Corrales, I, Giménez, E, Aguilar, G, Delgado, C, Puig, J, Izquierdo, A, Belda, J, Navarro, D
Medical mycology. 2015;(2):199-204
Abstract
Microbiological documentation of peritoneal candidiasis (PC) is hampered by the low numbers of yeasts observable by direct microscopic examination and recoverable by culture methods. The performance of a polymerase chain reaction (PCR) DNA Low-Density Microarray System (CLART STIs B) was compared to that of BACTEC FX automated culture method for the detection of Candida spp. in 161 peritoneal fluids (PF) from patients with peritonitis. The clinical utility of (1-3)-β-d-glucan (BDG) antigenemia in the diagnosis of PC was evaluated in 42 of these patients. The overall agreement between the PCR assay and the culture method was good (κ = 0.790), and their sensitivities were 93.5% and 74.19%, respectively.

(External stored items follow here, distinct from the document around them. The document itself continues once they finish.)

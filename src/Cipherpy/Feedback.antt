-- ===== src/Cipherpy/Feedback.antt =====
-- `CFBCipher` in bytes, `CTRCipher` and `OFBCipher`, over the block primitive `encrypt`.
pub mod Laws
use python_proxy.Base.{
  ℕ, ◌+◌, ◌-◌, ◌*◌, ◌^◌, Bool, true, false, Option, none, some, List, [], ◌∷◌, ◌++◌, bit_xor, leb,
  if◌then◌else◌, take, drop, Bytes,
}

-- The generator `core`: its `next_iv`, what is left of the segment, and whether it has started.
pub record Feedback : Type 0 where
  pub next_iv : Bytes
  pub segment : Bytes
  pub started : Bool

-- A segment is as the classes of the program have it: one byte, or as many as `encrypt` gives. Of a
-- segment of none, or of more than a block, the source makes an endless loop or an IndexError.
module _ (encrypt : Bytes → Bytes) (segment_byte : ℕ) where
  abbrev pub yield_segment : Bytes → Bytes → ℕ × Feedback
  yield_segment next_iv [] = (0, record { next_iv = next_iv; segment = []; started = true })
  yield_segment next_iv (k ∷ ks) = (k, record { next_iv = next_iv; segment = ks; started = true })

  -- The top of the `while`: a segment is made of the old `next_iv`.
  abbrev pub new_segment : Bytes → ℕ × Feedback
  new_segment next_iv =
      yield_segment (drop segment_byte next_iv) (take segment_byte (encrypt next_iv))

  abbrev pub resume : Bytes → Bytes → ℕ × Feedback
  resume next_iv [] = new_segment next_iv
  resume next_iv (k ∷ ks) = yield_segment next_iv (k ∷ ks)

  -- What was sent is appended where the generator stands.
  abbrev pub sent : Bytes → Option ℕ → Bytes
  sent next_iv none = next_iv
  sent next_iv (some last) = next_iv ++ last ∷ []

  -- `self.stream.send(self.last)`.
  unfoldable pub send : Option ℕ → Feedback → ℕ × Feedback
  send last s = if s.started then resume (sent s.next_iv last) s.segment else new_segment s.next_iv

  pub record Cfb : Type 0 where
    pub stream : Feedback
    pub last : Option ℕ

  -- `setup`.
  abbrev pub cfb_start : Bytes → Cfb
  cfb_start iv = record {
    stream = record { next_iv = iv; segment = []; started = false };
    last = none;
  }

  -- `process`, where `inv` holds for decryption.
  unfoldable pub cfb_process : Bool → Bytes → Cfb → Bytes × Cfb
  cfb_process inv [] s = ([], s)
  cfb_process inv (i ∷ bytes) s =
      let k = send s.last s.stream in
      let j = bit_xor i k.0 in
      let rest =
        cfb_process inv bytes (record { stream = k.1; last = some (if inv then i else j) }) in
      (j ∷ rest.0, rest.1)

-- The counter of CTR mode, of IV_LENGTH bytes, and the data of OFB mode: a block, and what the next
-- block is made from.
unfoldable pub ctr_refill : (ℕ → Bytes) → ℕ → ℕ → Bytes × ℕ
ctr_refill encrypt iv_length next_iv =
    (encrypt next_iv, if leb (2 ^ (iv_length * 8) - 1) next_iv then 0 else next_iv + 1)

unfoldable pub ofb_refill : (Bytes → Bytes) → Bytes → Bytes × Bytes
ofb_refill encrypt block = (encrypt block, encrypt block)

Serum BDG levels in patients with Candida spp. in PFs (median, 200.3 pg/mL; Range, 22.0-523.4 pg/mL) was significantly higher (P = 0.002) than those found in patients without the yeast (median, 25.3 pg/mL; Range, 0-523.4 pg/mL). Our study demonstrates the potential clinical utility of molecular methods and the measurement of serum BDG levels for the diagnosis of PC.